Шесть часов двадцать восемь минут, повторяет он про себя, словно точное время чем-то поможет, превратит настоящую смерть в ненужный, незаметный факт, от которого можно отмахнуться, на который можно закрыть глаза, представить, что ничего не произошло; шесть часов двадцать восемь минут.

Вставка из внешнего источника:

-- ===== src/Prelude/Members.antt =====
-- Properties of every member of a list.
use Prim.Native.Nat.{ℕ, zero, suc}
use mathlib.Core.Path.{◌≡◌, subst}
use mathlib.Core.List.{List, [], ◌∷◌, ◌++◌}
use mathlib.Core.Option.{some}
use mw_study.Prelude.Lists.{get_elem?, set, drop}

module _ {ℓ κ} {A : Type ℓ} where
  abbrev pub AllOf : (A → Type κ) → List A → Type κ
  AllOf Q [] = Unit
  AllOf Q (x ∷ xs) = Q x × AllOf Q xs

  pub AllOf-imp : {Q R : A → Type κ} (xs : List A) → ((x : A) → Q x → R x) → AllOf Q xs → AllOf R xs
  AllOf-imp [] f p = tt
  AllOf-imp (x ∷ xs) f p = (f x p.0, AllOf-imp xs f p.1)

module _ {ℓ κ} {A : Type ℓ} (Q : A → Type κ) where
  pub AllOf-append : (xs ys : List A) → AllOf Q xs → AllOf Q ys → AllOf Q (xs ++ ys)
  AllOf-append [] ys p q = q
  AllOf-append (x ∷ xs) ys p q = (p.0, AllOf-append xs ys p.1 q)

  pub AllOf-left : (xs ys : List A) → AllOf Q (xs ++ ys) → AllOf Q xs
  AllOf-left [] ys p = tt
  AllOf-left (x ∷ xs) ys p = (p.0, AllOf-left xs ys p.1)

  pub AllOf-set : (xs : List A) (i : ℕ) (y : A) → AllOf Q xs → Q y → AllOf Q (set xs i y)
  AllOf-set [] i y p q = tt
  AllOf-set (x ∷ xs) zero y p q = (q, p.1)
  AllOf-set (x ∷ xs) (suc i) y p q = (p.0, AllOf-set xs i y p.1 q)

  pub AllOf-get : (xs : List A) (i : ℕ) {x : A} → AllOf Q xs → get_elem? xs i ≡ some x → Q x
  AllOf-get [] i p e = absurd (cc)
  AllOf-get (y ∷ xs) zero {x} p e = let same : y ≡ x = cc in subst Q same p.0
  AllOf-get (y ∷ xs) (suc i) p e = AllOf-get xs i p.1 e

  pub AllOf-drop : (n : ℕ) (xs : List A) → AllOf Q xs → AllOf Q (drop n xs)
  AllOf-drop zero xs p = p
  AllOf-drop (suc n) [] p = tt
  AllOf-drop (suc n) (x ∷ xs) p = AllOf-drop n xs p.1
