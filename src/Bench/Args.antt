-- ===== src/Bench/Args.antt =====
-- code/bench/args.h: the command line of the measuring programs.
-- A C string is the list of its bytes; `args` are `argv[1]` and those after it.
use mw_study.Prelude.{
  ℕ, zero, suc, ◌+◌, ◌-◌, ◌*◌, ◌≡◌, refl, Bool, true, false, ◌&&◌, ◌||◌, Option, none, some, List,
  [], ◌∷◌, ◌++◌, arith, leb, ◌==◌, if◌then◌else◌, if-elim, AllOf,
}
use mw_study.Prelude.Int.{ℤ, pos, negsuc}

-- `strcmp(a, b) == 0`
abbrev pub same_text : List ℕ → List ℕ → Bool
same_text [] [] = true
same_text [] (b ∷ bs) = false
same_text (a ∷ xs) [] = false
same_text (a ∷ xs) (b ∷ ys) = (a == b) && same_text xs ys

-- `isspace` in the C locale, and `isdigit`.
abbrev is_space : ℕ → Bool
is_space c = (c == 32) || (leb 9 c && leb c 13)

abbrev is_digit : ℕ → Bool
is_digit c = leb 48 c && leb c 57

-- The digits of `atoll`, as long as the value fits in a `long long`; beyond that it is undefined.
abbrev digits : ℕ → List ℕ → ℕ
digits value [] = value
digits value (c ∷ cs) =
    let rest = digits (value * 10 + (c - 48)) cs in if is_digit c then rest else value

abbrev negative : ℕ → ℤ
negative zero = pos 0
negative (suc n) = negsuc n

abbrev signed : List ℕ → ℤ
signed [] = pos 0
signed (c ∷ cs) =
    if c == 45
    then negative (digits 0 cs)
    else if c == 43
    then pos (digits 0 cs)
    else pos (digits 0 (c ∷ cs))

-- `std::atoll`
unfoldable pub atoll : List ℕ → ℤ
atoll [] = pos 0
atoll (c ∷ cs) = let rest = atoll cs in if is_space c then rest else signed (c ∷ cs)

-- The loop of `arg_int` and `arg_str`: the first argument that is `name` and has one after it.
abbrev pub value_of : List ℕ → List (List ℕ) → Option (List ℕ)
value_of name [] = none
value_of name (a ∷ []) = none
value_of name (a ∷ b ∷ args) =
    let rest = value_of name (b ∷ args) in if same_text a name then some b else rest

unfoldable pub arg_int : List (List ℕ) → List ℕ → ℤ → ℤ
unfolding atoll
arg_int args name fallback = elim (value_of name args) [ none ↦ fallback | some text ↦ atoll text ]

unfoldable pub arg_str : List (List ℕ) → List ℕ → List ℕ → List ℕ
arg_str args name fallback = elim (value_of name args) [ none ↦ fallback | some text ↦ text ]

unfoldable pub arg_flag : List (List ℕ) → List ℕ → Bool
arg_flag [] name = false
arg_flag (a ∷ args) name = if same_text a name then true else arg_flag args name

same_text_self : (a : List ℕ) → same_text a a ≡ true
same_text_self [] = refl
same_text_self (a ∷ xs) = ground (arith, same_text_self xs)

-- The value after the first argument that is the name, whatever comes after these two.
pub value_of-append :
    (name value : List ℕ) (before after : List (List ℕ))
    → AllOf (λ a. same_text a name ≡ false) before
    → value_of name (before ++ (name ∷ value ∷ after)) ≡ some value
value_of-append name value [] after h = rw (same_text_self name) refl
value_of-append name value (a ∷ []) after h = rw h.0 (value_of-append name value [] after tt)
value_of-append name value (a ∷ b ∷ before) after h =
    rw h.0 (value_of-append name value (b ∷ before) after h.1)

-- A flag is set wherever it stands.
pub arg_flag-append :
    (name : List ℕ) (before after : List (List ℕ)) → arg_flag (before ++ (name ∷ after)) name ≡ true
unfolding arg_flag
arg_flag-append name [] after = rw (same_text_self name) refl
arg_flag-append name (a ∷ before) after =
    if-elim (λ b. b ≡ true) (same_text a name) (λ _. refl) (λ _. arg_flag-append name before after)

Стив отключает телефон и не смотрит на время; рука – на ней осталось всего два неживых пальца – лежит рядом с ним, и Стив не может опустить взгляд.
Стив не может дышать.
Сэм появляется рядом неизвестно когда, за окном, может быть, темнеет, он открывает дверь своим ключом, опускается на колени, кладет ладонь на плечо, и Стив тут же дергается, сбрасывая его руку; Сэм ставит на пол открытую бутылку виски, это похоже на очень хреновое дежа вю, на слишком плохой сон, на бред сумасшедшего, Стив давится словами:
– Я не могу напиться.
– Психологический эффект, – Сэм смотрит непривычно серьезно, разглядывая, осматривая, проверяя, и Стиву плевать, что он там сможет в нем найти, – может стать легче. Секунд на тридцать.

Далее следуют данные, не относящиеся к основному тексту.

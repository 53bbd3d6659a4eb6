-- ===== src/Queue.antt =====
-- code/include/rdb/concurrency/bounded_queue.h: a queue of bounded size under one mutex.
--
-- Each definition here is what one thread does while it holds the mutex, from taking it to giving
-- it back: by returning, or by going to sleep on a condition variable (`sleeping`). `now` is the
-- reading of steady_clock that the slice sees.
pub mod Run
pub mod Invariant
pub mod Fifo
pub mod Blocking
pub mod Contents
pub mod Fill
pub mod Change
pub mod Threads
pub mod Wakeup
pub mod Policy
pub mod Block
mod Tests
use mw_study.Prelude.{
  ℕ, ◌+◌, Bool, true, false, not, ◌&&◌, ◌||◌, Option, none, some, List, [], ◌∷◌, ◌++◌, ltb, leb,
  ◌==◌, if◌then◌else◌, length, u64,
}

-- `enum class OverflowPolicy`
pub data OverflowPolicy : Type 0 where
  block drop_newest drop_oldest : OverflowPolicy

-- `enum class PushStatus`
pub data PushStatus : Type 0 where
  ok full dropped_newest dropped_oldest closed : PushStatus

-- The members of `BoundedQueue<T>`; the head of `items` is the front of the deque.
pub record Queue {ℓ} (A : Type ℓ) : Type ℓ where
  pub items : List A
  pub capacity : ℕ
  pub policy : OverflowPolicy
  pub is_closed : Bool
  pub dropped : ℕ
  pub high_water : ℕ

-- A `steady_clock::time_point` as the waits tell them apart: `max()`, `min()`, any other.
pub data Deadline : Type 0 where
  never immediate : Deadline
  at : ℕ → Deadline

-- How a slice ends.
pub data Slice {ℓ} (R : Type ℓ) : Type ℓ where
  returned : R → Slice R
  sleeping : Slice R

module _ {ℓ} {A : Type ℓ} where
  unfoldable pub new : ℕ → OverflowPolicy → Queue A
  new capacity policy = record {
    items = [];
    capacity = if capacity == 0 then 1 else capacity;
    policy = policy;
    is_closed = false;
    dropped = 0;
    high_water = 0;
  }

  -- The lambda `ready` of `wait_for_space`.
  unfoldable pub ready : Queue A → Bool
  ready q = q.is_closed || ltb (length q.items) q.capacity

  -- One look at the condition; `none`: the thread sleeps on `not_full_`. A `wait_until` that starts
  -- past its deadline lets go of the mutex and looks once more; that run is the one whose first look
  -- has an earlier `now`, and it is not told apart.
  unfoldable pub wait_for_space : Deadline → ℕ → Queue A → Option Bool
  unfolding ready
  wait_for_space never now q = if ready q then some true else none
  wait_for_space immediate now q = some false
  wait_for_space (at t) now q =
      if ready q then some true else if leb t now then some false else none

  -- `items_.push_back` and the update of `high_water_`.
  unfoldable pub append : A → Queue A → Queue A
  append value q =
      let items = q.items ++ (value ∷ []) in
      record q {
        items = items;
        high_water = if ltb q.high_water (length items) then length items else q.high_water;
      }

  -- From `wait_for_space` on. A thread that was asleep comes back here.
  unfoldable pub push_waiting : A → Deadline → ℕ → Queue A → Queue A × Option A × Slice PushStatus
  unfolding wait_for_space append
  push_waiting value deadline now q = elim (wait_for_space deadline now q) [
    | none ↦ (q, none, sleeping)
    | some false ↦ (q, none, returned full)
    | some true ↦
        if q.is_closed then (q, none, returned closed) else (append value q, none, returned ok)
  ]

  -- `evicted.emplace(std::move(items_.front())); items_.pop_front();` then `push_back`.
  -- The front of an empty deque is undefined; `Queue.Invariant` rules it out.
  pub replace_oldest : A → List A → List A × Option A
  replace_oldest value [] = (value ∷ [], none)
  replace_oldest value (x ∷ xs) = (xs ++ (value ∷ []), some x)

  -- The `switch` on a full queue.
  unfoldable pub push_full :
      OverflowPolicy → A → Deadline → ℕ → Queue A → Queue A × Option A × Slice PushStatus
  unfolding push_waiting replace_oldest
  push_full drop_newest value deadline now q =
      (record q { dropped = u64 (q.dropped + 1) }, none, returned dropped_newest)
  push_full drop_oldest value deadline now q =
      let (items, evicted) = replace_oldest value q.items in
      (record q { items = items; dropped = u64 (q.dropped + 1) }, evicted, returned dropped_oldest)
  push_full block value deadline now q = push_waiting value deadline now q

  -- `push_until`; the option is what `evicted` holds at the return.
  unfoldable pub push_until : A → Deadline → ℕ → Queue A → Queue A × Option A × Slice PushStatus
  unfolding push_full append
  push_until value deadline now q =
      if q.is_closed
      then (q, none, returned closed)
      else if leb q.capacity (length q.items)
      then push_full q.policy value deadline now q
      else (append value q, none, returned ok)

  unfoldable pub push : A → ℕ → Queue A → Queue A × Option A × Slice PushStatus
  unfolding push_until
  push value now q = push_until value never now q

  -- `now + timeout` as the library computes it, before it could reach `max()`.
  unfoldable pub push_for : A → ℕ → ℕ → Queue A → Queue A × Option A × Slice PushStatus
  unfolding push_until
  push_for value timeout now q = push_until value (at (now + timeout)) now q

  pub try_push : A → ℕ → Queue A → Queue A × Option A × Slice PushStatus
  unfolding push_until
  try_push value now q = push_until value immediate now q

  -- The end of `pop_until`: the front, or nothing.
  unfoldable pub take_front : Queue A → List A → Queue A × Slice (Option A)
  take_front q [] = (q, returned none)
  take_front q (x ∷ xs) = (record q { items = xs }, returned (some x))

  unfoldable pub is_empty : List A → Bool
  is_empty [] = true
  is_empty (x ∷ xs) = false

  -- One look at the condition of the wait on `not_empty_`; a thread that was asleep comes back here.
  unfoldable pub pop_waiting : Deadline → ℕ → Queue A → Queue A × Slice (Option A)
  unfolding take_front is_empty
  pop_waiting never now q =
      if q.is_closed || not (is_empty q.items) then take_front q q.items else (q, sleeping)
  pop_waiting immediate now q = (q, returned none)
  pop_waiting (at t) now q =
      if q.is_closed || not (is_empty q.items)
      then take_front q q.items
      else if leb t now
      then (q, returned none)
      else (q, sleeping)

  unfoldable pub pop_until : Deadline → ℕ → Queue A → Queue A × Slice (Option A)
  unfolding pop_waiting take_front is_empty
  pop_until deadline now q =
      if is_empty q.items && not q.is_closed
      then pop_waiting deadline now q
      else take_front q q.items

  unfoldable pub pop : ℕ → Queue A → Queue A × Slice (Option A)
  unfolding pop_until
  pop now q = pop_until never now q

  pub pop_for : ℕ → ℕ → Queue A → Queue A × Slice (Option A)
  unfolding pop_until
  pop_for timeout now q = pop_until (at (now + timeout)) now q

  pub try_pop : ℕ → Queue A → Queue A × Slice (Option A)
  unfolding pop_until
  try_pop now q = pop_until immediate now q

  -- The part of `close` that holds the mutex; it notifies both variables after that.
  unfoldable pub close : Queue A → Queue A
  close q = record q { is_closed = true }

  -- What is discarded, and the queue; it notifies `not_full_` with the mutex held.
  pub clear : Queue A → Queue A × List A
  clear q = (record q { items = [] }, q.items)

  pub size : Queue A → ℕ
  size q = length q.items

  pub empty : Queue A → Bool
  unfolding size
  empty q = size q == 0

Ты посмотри, слышит Стив насмешливый родной голос в своей голове, молодежь учит стариков, как им пить. Пусть тебе какой-нибудь псих сначала вколет сыворотку, Уилсон, а потом посмотрим, как ты будешь страдать на чужих вечеринках.
Баки бы посмеялся.
Стив протягивает руку за бутылкой, три больших глотка, и четвертый, и он не чувствует ни вкуса, ни запаха; он ничего не чувствует.
Ничего – отдает виски Сэму, отворачивается, упираясь взглядом в разворошенную, неубранную постель, смятую простыню, свисающее до пола одеяло, раскиданные подушки; Стив закусывает губу, вяло думая – это и есть истерика? – Сэм за спиной что-то говорит, и Стив чертыхается, с размаху впечатывая кулак в пол, и снова.
И снова.
Одиннадцатого июля Стив впервые за эти несколько лет надевает настоящую военную форму, в такой же – две трети присутствующих на похоронах, приспущенные флаги кажутся издевкой, Наташа замирает на шаг позади, Тони стоит, скрестив руки, справа от простого черного гроба, смотрит поверх чужих голов; Стив прикипает взглядом к закрытой деревянной крышке, сводит лопатки сильнее, выпрямляя спину, поднимает руку, кончики пальцев приставляя к виску, отдавая честь в гробовой тишине, господи, господи, как глупо, как нелепо, Стив опускает руку так же медленно, он должен стоять здесь еще полчаса.
Гроб – символика.
Он пуст.
В уборной Стив застывает у зеркала, ловит свое отражение и не может понять, на кого смотрит – потемневшие глаза, впавшие щеки, сжатые в нить губы, слепленная извращенным художником маска вместо лица; коротко размахнувшись, Стив бьет по стеклу.
Осколки летят на пол, Стив опускает взгляд – кровь стекает по костяшкам, мелкое крошево попадает в раны.
В этот день к Стиву никто не подходит.